What must be returned is the number of lines in the records holding the word "Lifecycle", with no other text.

◆ Saved entries:
*** Begin section ***

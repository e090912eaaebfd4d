-- ===== src/Ingestion/RawRecord.antt =====
-- internal/domain/ingestion/raw_record.go. Bytes are texts of byte values, instants numbers with 0 for the
-- zero time; uuid.NewString, json.Valid, and SHA-256 in hex are arguments.
pub mod Validity
use cross_border_ecommerce.Base.{
  ℕ, ◌==◌, ◌≡◌, ◌≢◌, refl, sym, ap, ◌∙◌, subst, ◌⊎◌, inl, inr, Bool, true, false, not, ◌&&◌, Option,
  none, some, if◌then◌else◌, arith, Bool-cases, Text, trim_space, is_blank, is_empty, [], ◌∷◌,
  Error, Result, ok, err, ◌>>=◌, ◌>>◌, fail_if, >>=-eq-ok, ok-injective, invalid_record_id,
  invalid_source_id, invalid_external_product_id, empty_payload, invalid_payload_json,
}

pub record RawRecord : Type 0 where
  pub id : Text
  pub source_id : Text
  pub external_product_id : Text
  pub payload : Text
  pub payload_raw : Text
  pub payload_sha256 : Text
  pub source_version : Text
  pub etag : Text
  pub source_updated_at : Option ℕ
  pub ingestion_run_id : Text
  pub received_at : ℕ

-- RawRecordParams has the fields of a RawRecord.
abbrev pub RawRecordParams : Type 0
RawRecordParams = RawRecord

-- Validate, on a record that is not nil.
unfoldable pub validate : (Text → Bool) → RawRecord → Result (Unit {0})
validate json_valid r =
    fail_if (is_blank r.id) invalid_record_id
    >> fail_if (is_blank r.source_id) invalid_source_id
    >> fail_if (is_blank r.external_product_id) invalid_external_product_id
    >> fail_if (is_empty r.payload) empty_payload
    >> fail_if (not (json_valid r.payload)) invalid_payload_json

-- A zero time of the source counts as none.
unfoldable pub known_time : Option ℕ → Option ℕ
known_time none = none
known_time (some t) = if t == 0 then none else some t

-- The raw bytes, or the payload where there are none.
unfoldable pub raw_bytes : Text → Text → Text
raw_bytes [] payload = payload
raw_bytes (b ∷ bs) payload = b ∷ bs

-- The given hash, or the hash of the raw bytes where there are some.
unfoldable pub payload_hash : (Text → Text) → Text → Text → Text
payload_hash digest sha raw =
    if is_blank sha && not (is_empty raw) then digest raw else trim_space sha

-- The record that NewRawRecord builds at the instant `now`.
unfoldable pub assemble : (Text → Text) → ℕ → Text → RawRecordParams → RawRecord
assemble digest now id p = record {
  id = id;
  source_id = trim_space p.source_id;
  external_product_id = trim_space p.external_product_id;
  payload = p.payload;
  payload_raw = raw_bytes p.payload_raw p.payload;
  payload_sha256 = payload_hash digest p.payload_sha256 (raw_bytes p.payload_raw p.payload);
  source_version = trim_space p.source_version;
  etag = trim_space p.etag;
  source_updated_at = known_time p.source_updated_at;
  ingestion_run_id = trim_space p.ingestion_run_id;
  received_at = if p.received_at == 0 then now else p.received_at;
}

-- NewRawRecord.
unfoldable pub new_raw_record :
    (Text → Bool) → (Text → Text) → Result Text → ℕ → RawRecordParams → Result RawRecord
new_raw_record json_valid digest generated now p = do
  id ← if is_blank p.id then generated else ok (trim_space p.id)
  let r = assemble digest now id p
  validate json_valid r
  ok r
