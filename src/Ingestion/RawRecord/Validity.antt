-- ===== src/Ingestion/RawRecord/Validity.antt =====
-- What a raw record that NewRawRecord returns is (internal/domain/ingestion/raw_record.go).
use cross_border_ecommerce.Base.{
  ℕ, ◌≡◌, ◌≢◌, refl, subst, ◌⊎◌, inl, inr, Bool, true, false, not, Option, none, some,
  if◌then◌else◌, arith, Bool-cases, Text, trim_space, is_blank, is_empty, [], ◌∷◌, Error, Result,
  ok, ◌>>◌, fail_if, >>=-eq-ok, ok-injective, invalid_record_id, invalid_source_id,
  invalid_external_product_id, empty_payload, invalid_payload_json,
}
use cross_border_ecommerce.Ingestion.RawRecord.{
  RawRecord, RawRecordParams, validate, known_time, raw_bytes, payload_hash, assemble,
  new_raw_record,
}

passed : (b : Bool) (e : Error) (u : Unit {0}) → fail_if b e ≡ ok u → b ≡ false
passed true e u h = cc
passed false e u h = refl

-- A record whose identifiers are there, whose payload is valid JSON, whose raw bytes are there, whose
-- hash is the given one or the one of its raw bytes, and which has no zero time of the source.
pub record IsComplete (json_valid : Text → Bool) (digest : Text → Text) (p : RawRecordParams)
    (r : RawRecord) : Type 0 where
  pub has_id : is_blank r.id ≡ false
  pub has_source : is_blank r.source_id ≡ false
  pub has_external : is_blank r.external_product_id ≡ false
  pub is_json : json_valid r.payload ≡ true
  pub same_payload : r.payload ≡ p.payload
  pub has_raw : r.payload_raw ≢ []
  pub hashed :
      ((is_blank p.payload_sha256 ≡ false) × (r.payload_sha256 ≡ trim_space p.payload_sha256))
      ⊎ ((is_blank p.payload_sha256 ≡ true) × (r.payload_sha256 ≡ digest r.payload_raw))
  pub no_zero_time : r.source_updated_at ≢ some 0

known_time-nonzero : (t : Option ℕ) → known_time t ≢ some 0
unfolding known_time
known_time-nonzero none h = cc
known_time-nonzero (some t) h = ground arith

raw_bytes-filled : (raw payload : Text) → is_empty payload ≡ false → raw_bytes raw payload ≢ []
unfolding raw_bytes
raw_bytes-filled [] [] e h = cc
raw_bytes-filled [] (b ∷ bs) e h = cc
raw_bytes-filled (b ∷ bs) payload e h = cc

payload_hash-cases :
    (digest : Text → Text) (sha raw : Text)
    → raw ≢ []
    → ((is_blank sha ≡ false) × (payload_hash digest sha raw ≡ trim_space sha))
      ⊎ ((is_blank sha ≡ true) × (payload_hash digest sha raw ≡ digest raw))
unfolding payload_hash
payload_hash-cases digest sha [] n = elim (n refl) [ ]
payload_hash-cases digest sha (b ∷ bs) n = elim (Bool-cases (is_blank sha)) [
  | inl e ↦ rw e (inr (refl, refl))
  | inr e ↦ rw e (inl (refl, refl))
]

not-false : (b : Bool) → not b ≡ false → b ≡ true
not-false true h = refl
not-false false h = cc

assemble-IsComplete :
    (json_valid : Text → Bool) (digest : Text → Text) (now : ℕ) (id : Text) (p : RawRecordParams)
    (u : Unit {0})
    → validate json_valid (assemble digest now id p) ≡ ok u
    → IsComplete json_valid digest p (assemble digest now id p)
unfolding validate assemble
assemble-IsComplete json_valid digest now id p u h =
    let (u4, e4, h4) = >>=-eq-ok (_ >> fail_if (is_empty p.payload) empty_payload) _ h in
    let (u3, e3, h3) =
      >>=-eq-ok
        (_ >> fail_if (is_blank (trim_space p.external_product_id)) invalid_external_product_id) _
        e4 in
    let (u2, e2, h2) =
      >>=-eq-ok (_ >> fail_if (is_blank (trim_space p.source_id)) invalid_source_id) _ e3 in
    let (u1, e1, h1) = >>=-eq-ok (fail_if (is_blank id) invalid_record_id) _ e2 in
    let raw =
      raw_bytes-filled p.payload_raw p.payload (passed (is_empty p.payload) empty_payload u4 h3) in
    record {
      has_id = passed (is_blank id) invalid_record_id u1 e1;
      has_source = passed (is_blank (trim_space p.source_id)) invalid_source_id u2 h1;
      has_external =
          passed (is_blank (trim_space p.external_product_id)) invalid_external_product_id u3 h2;
      is_json = not-false (json_valid p.payload) (passed _ invalid_payload_json u h4);
      same_payload = refl;
      has_raw = raw;
      hashed = payload_hash-cases digest p.payload_sha256 _ raw;
      no_zero_time = known_time-nonzero p.source_updated_at;
    }

-- A raw record that NewRawRecord returns is complete: its three identifiers are not blank, its payload is
-- the given one and valid JSON, it has raw bytes, its hash is the given one if that is not blank and
-- the hash of its raw bytes otherwise, and it carries no zero time of the source.
pub new_raw_record-IsComplete :
    (json_valid : Text → Bool) (digest : Text → Text) (generated : Result Text) (now : ℕ)
    (p : RawRecordParams) (r : RawRecord)
    → new_raw_record json_valid digest generated now p ≡ ok r
    → IsComplete json_valid digest p r
unfolding new_raw_record
new_raw_record-IsComplete json_valid digest generated now p r h =
    let (id, e, h0) = >>=-eq-ok (if is_blank p.id then generated else ok (trim_space p.id)) _ h in
    let (u, e1, h1) = >>=-eq-ok (validate json_valid (assemble digest now id p)) _ h0 in
    subst (IsComplete json_valid digest p) (ok-injective h1)
      (assemble-IsComplete json_valid digest now id p u e1)
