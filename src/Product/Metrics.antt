-- ===== src/Product/Metrics.antt =====
-- BatchMetrics of internal/domain/product/batch.go: counters that are 64-bit words.
use cross_border_ecommerce.Base.{ℕ, ◌+◌, ◌||◌, is_negative, Result, negative_metric, fail_if}

pub record BatchMetrics : Type 0 where
  pub seen : ℕ
  pub new : ℕ
  pub changed : ℕ
  pub unchanged : ℕ
  pub failures : ℕ

abbrev pub no_metrics : BatchMetrics
no_metrics = record { seen = 0; new = 0; changed = 0; unchanged = 0; failures = 0 }

-- BatchMetrics.Validate.
unfoldable pub validate_metrics : BatchMetrics → Result (Unit {0})
validate_metrics m =
    fail_if
      (is_negative m.seen
        || (is_negative m.new
            || (is_negative m.changed || (is_negative m.unchanged || is_negative m.failures))))
      negative_metric

-- The addition of counters by a statement of the database.
abbrev pub sum_metrics : BatchMetrics → BatchMetrics → BatchMetrics
sum_metrics a b = record {
  seen = a.seen + b.seen;
  new = a.new + b.new;
  changed = a.changed + b.changed;
  unchanged = a.unchanged + b.unchanged;
  failures = a.failures + b.failures;
}
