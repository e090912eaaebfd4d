-- ===== src/Ingestion/Run.antt =====
-- internal/domain/ingestion/run.go. Instants are numbers; an identifier that has to be generated is an argument, the result of uuid.NewString.
pub mod Lifecycle
use cross_border_ecommerce.Base.{
  ℕ, Bool, true, false, ◌||◌, List, [], ◌∷◌, Option, none, some, if◌then◌else◌, slt, add64,
  is_negative, Text, trim_space, is_blank, Result, ok, err, Error, invalid_run_state,
  invalid_transition, invalid_run_id, invalid_source_id, ◌>>=◌, ◌>>◌, fail_if,
}
pub use cross_border_ecommerce.Product.Metrics.{BatchMetrics, no_metrics}
unfoldable pub use cross_border_ecommerce.Product.Metrics.{validate_metrics}

pub data RunStatus : Type 0 where
  pending running completed partial failed cancelled : RunStatus
  -- Any other string.
  unknown : Text → RunStatus

-- Processable.
unfoldable pub processable : RunStatus → Bool
processable completed = true
processable partial = true
processable _ = false

pub record IngestionRun : Type 0 where
  pub id : Text
  pub source_id : Text
  pub status : RunStatus
  pub checkpoint : Text
  pub metrics : BatchMetrics
  pub error_summary : Text
  pub started_at : Option ℕ
  pub completed_at : Option ℕ
  pub created_at : ℕ
  pub updated_at : ℕ

pub known_status : RunStatus → Bool
known_status (unknown _) = false
known_status _ = true

-- Validate, on a run that is not nil.
unfoldable pub validate : IngestionRun → Result (Unit {0})
unfolding known_status
validate r = do
  fail_if (is_blank r.id) invalid_run_id
  fail_if (is_blank r.source_id) invalid_source_id
  if known_status r.status then ok tt else err invalid_run_state

abbrev run_id : Text → Result Text → Result Text
run_id id generated = if is_blank id then generated else ok (trim_space id)

-- NewRun at the instant `now`.
unfoldable pub new_run : Text → Text → Text → Result Text → ℕ → Result IngestionRun
unfolding validate
new_run id source_id initial_checkpoint generated now = do
  run_id ← run_id id generated
  let run : IngestionRun = record {
    id = run_id;
    source_id = source_id;
    status = pending;
    checkpoint = trim_space initial_checkpoint;
    metrics = no_metrics;
    error_summary = [];
    started_at = none;
    completed_at = none;
    created_at = now;
    updated_at = now;
  }
  validate run
  ok run

abbrev is_pending : RunStatus → Bool
is_pending pending = true
is_pending _ = false

abbrev is_running : RunStatus → Bool
is_running running = true
is_running _ = false

-- Start.
unfoldable pub start : ℕ → IngestionRun → Result IngestionRun
start now r =
    if is_pending r.status
    then ok (record r { status = running; started_at = some now; updated_at = now })
    else err invalid_transition

-- A blank checkpoint keeps the old one.
abbrev pub advance : Text → Text → Text
advance old next = if is_blank next then old else trim_space next

-- `r.Seen += metrics.Seen` and its four siblings.
unfoldable pub add_metrics : BatchMetrics → BatchMetrics → BatchMetrics
add_metrics a b = record {
  seen = add64 a.seen b.seen;
  new = add64 a.new b.new;
  changed = add64 a.changed b.changed;
  unchanged = add64 a.unchanged b.unchanged;
  failures = add64 a.failures b.failures;
}

-- RecordBatch.
pub record_batch : BatchMetrics → Text → ℕ → IngestionRun → Result IngestionRun
unfolding validate_metrics add_metrics
record_batch m next_checkpoint now r = do
  if is_running r.status then ok tt else err invalid_run_state
  validate_metrics m
  ok (record r {
    metrics = add_metrics r.metrics m;
    checkpoint = advance r.checkpoint next_checkpoint;
    updated_at = now;
  })

-- IsTerminal, on a run that is not nil.
unfoldable pub is_terminal : RunStatus → Bool
is_terminal completed = true
is_terminal partial = true
is_terminal failed = true
is_terminal cancelled = true
is_terminal _ = false

-- Complete.
unfoldable pub complete : Text → ℕ → IngestionRun → Result IngestionRun
complete final_checkpoint now r =
    if is_running r.status
    then ok (record r {
      status = if slt 0 r.metrics.failures then partial else completed;
      checkpoint = advance r.checkpoint final_checkpoint;
      completed_at = some now;
      updated_at = now;
    })
    else err invalid_transition

-- Fail and Cancel differ in the status that they set.
abbrev finish : RunStatus → Text → ℕ → IngestionRun → IngestionRun
finish s summary now r = record r {
  status = s;
  error_summary = trim_space summary;
  completed_at = some now;
  updated_at = now;
}

unfoldable pub fail : Text → ℕ → IngestionRun → Result IngestionRun
unfolding is_terminal
fail summary now r =
    if is_terminal r.status then err invalid_transition else ok (finish failed summary now r)

unfoldable pub cancel : Text → ℕ → IngestionRun → Result IngestionRun
unfolding is_terminal
cancel reason now r =
    if is_terminal r.status then err invalid_transition else ok (finish cancelled reason now r)

-- The five transitions, as the service calls them.
pub data Operation : Type 0 where
  starts : ℕ → Operation
  records : BatchMetrics → Text → ℕ → Operation
  completes fails cancels : Text → ℕ → Operation

unfoldable pub apply : Operation → IngestionRun → Result IngestionRun
unfolding start record_batch complete fail cancel
apply (starts now) r = start now r
apply (records m cp now) r = record_batch m cp now r
apply (completes cp now) r = complete cp now r
apply (fails summary now) r = fail summary now r
apply (cancels reason now) r = cancel reason now r

-- An operation that fails leaves the run as it was.
abbrev pub after : IngestionRun → Result IngestionRun → IngestionRun
after r (ok r') = r'
after r (err e) = r

unfoldable pub run_all : IngestionRun → List Operation → IngestionRun
run_all r [] = r
run_all r (op ∷ ops) = run_all (after r (apply op r)) ops
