-- ===== src/Ingestion/Run/Lifecycle.antt =====
-- The life of an ingestion run: what holds between two operations, and where it ends.
use cross_border_ecommerce.Base.{
  ℕ, ◌≡◌, refl, ◌≢◌, true, false, List, [], ◌∷◌, none, arith, slt, sign_bit, Text, Result, ok, err,
  add64, ◌<◌, ◌+◌, ltb, if◌then◌else◌,
}
use cross_border_ecommerce.Ingestion.Run.{
  pending, running, completed, partial, unknown, IngestionRun, Operation, BatchMetrics, starts,
  records, completes, fails, cancels, apply, after, run_all, is_terminal, new_run,
}

-- Between two operations: the timestamps fit the status, and the final status fits the failures.
pub record IsConsistent (r : IngestionRun) : Type 0 where
  pub known : (s : Text) → r.status ≢ unknown s
  pub fresh : r.status ≡ pending → (r.started_at ≡ none) × (r.completed_at ≡ none)
  pub started : r.status ≡ running → (r.started_at ≢ none) × (r.completed_at ≡ none)
  pub ended : is_terminal r.status ≡ true → r.completed_at ≢ none
  pub clean : r.status ≡ completed → (slt 0 r.metrics.failures ≡ false) × (r.started_at ≢ none)
  pub dirty : r.status ≡ partial → (slt 0 r.metrics.failures ≡ true) × (r.started_at ≢ none)

new_run-IsConsistent :
    (id source_id cp : Text) (generated : Result Text) (now : ℕ) {r : IngestionRun}
    → new_run id source_id cp generated now ≡ ok r
    → IsConsistent r
unfolding new_run is_terminal
new_run-IsConsistent id source_id cp (ok g) now h = ground arith
new_run-IsConsistent id source_id cp (err e) now h = ground arith

apply-IsConsistent :
    (op : Operation) (r : IngestionRun) → IsConsistent r → IsConsistent (after r (apply op r))
unfolding apply is_terminal
apply-IsConsistent (starts now) r v = ground arith
apply-IsConsistent (records m cp now) r v = ground arith
apply-IsConsistent (completes cp now) r v = ground arith
apply-IsConsistent (fails s now) r v = ground arith
apply-IsConsistent (cancels s now) r v = ground arith

run_all-IsConsistent :
    (r : IngestionRun) (ops : List Operation) → IsConsistent r → IsConsistent (run_all r ops)
unfolding run_all
run_all-IsConsistent r [] v = v
run_all-IsConsistent r (op ∷ ops) v =
    run_all-IsConsistent (after r (apply op r)) ops (apply-IsConsistent op r v)

-- A run that NewRun returned stays consistent under any sequence of operations, failed ones
-- included: its timestamps fit its status, COMPLETED means no failed row was counted and PARTIAL
-- means one was.
pub reachable-IsConsistent :
    (id source_id cp : Text) (generated : Result Text) (now : ℕ) (r : IngestionRun)
    (ops : List Operation)
    → new_run id source_id cp generated now ≡ ok r
    → IsConsistent (run_all r ops)
reachable-IsConsistent id source_id cp generated now r ops h =
    run_all-IsConsistent r ops (new_run-IsConsistent id source_id cp generated now h)

apply_terminal :
    (op : Operation) (r : IngestionRun) → is_terminal r.status ≡ true → after r (apply op r) ≡ r
unfolding apply is_terminal
apply_terminal (starts now) r h = ground arith
apply_terminal (records m cp now) r h = ground arith
apply_terminal (completes cp now) r h = ground arith
apply_terminal (fails s now) r h = ground arith
apply_terminal (cancels s now) r h = ground arith

-- A run in a terminal status is never changed again, by any sequence of operations.
pub terminal_absorbs :
    (r : IngestionRun) (ops : List Operation) → is_terminal r.status ≡ true → run_all r ops ≡ r
unfolding run_all
terminal_absorbs r [] h = refl
terminal_absorbs r (op ∷ ops) h = rw (apply_terminal op r h) (terminal_absorbs r ops h)

-- A batch as the service records it: its metrics, its next checkpoint and the time.
abbrev pub Batch : Type 0
Batch = BatchMetrics × Text × ℕ

abbrev pub record_all : List Batch → List Operation → List Operation
record_all [] rest = rest
record_all ((m, cp, now) ∷ bs) rest = records m cp now ∷ record_all bs rest

abbrev pub total_failures : List Batch → ℕ
total_failures [] = 0
total_failures ((m, _, _) ∷ bs) = m.failures + total_failures bs

abbrev pub IsNonneg : BatchMetrics → Type 0
IsNonneg m =
    (m.seen < sign_bit)
    × (m.new < sign_bit)
    × (m.changed < sign_bit)
    × (m.unchanged < sign_bit)
    × (m.failures < sign_bit)

abbrev pub AllNonneg : List Batch → Type 0
AllNonneg [] = Unit {0}
AllNonneg ((m, _, _) ∷ bs) = IsNonneg m × AllNonneg bs

record_step :
    (m : BatchMetrics) (cp : Text) (now : ℕ) (r : IngestionRun)
    → r.status ≡ running
    → IsNonneg m
    → let r' = after r (apply (records m cp now) r) in
      (r'.status ≡ running) × (r'.metrics.failures ≡ add64 r.metrics.failures m.failures)
unfolding apply
record_step m cp now r h v = ground arith

-- A running run that records batches with counts that are not negative, whose failures add up to
-- less than 2 ^ 63 with its own, and then completes, ends PARTIAL if that sum is positive and
-- COMPLETED if it is zero.
pub completes_by_failures :
    (r : IngestionRun) (bs : List Batch) (cp : Text) (now : ℕ)
    → r.status ≡ running
    → AllNonneg bs
    → r.metrics.failures + total_failures bs < sign_bit
    → (run_all r (record_all bs (completes cp now ∷ []))).status
      ≡ (if ltb 0 (r.metrics.failures + total_failures bs) then partial else completed)
unfolding run_all
completes_by_failures r [] cp now h v b = unfold apply in ground arith
completes_by_failures r ((m, next, at) ∷ bs) cp now h v b =
    let r' = after r (apply (records m next at) r) in
    let s = record_step m next at r h v.0 in
    let e : r'.metrics.failures ≡ r.metrics.failures + m.failures = omega (arith, s.1) in
    let sum : r.metrics.failures + (m.failures + total_failures bs)
        ≡ r'.metrics.failures + total_failures bs =
      omega arith in
    rw sum (completes_by_failures r' bs cp now s.0 v.1 (omega arith))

*** End section ***

◆ RESPONSE AREA: 2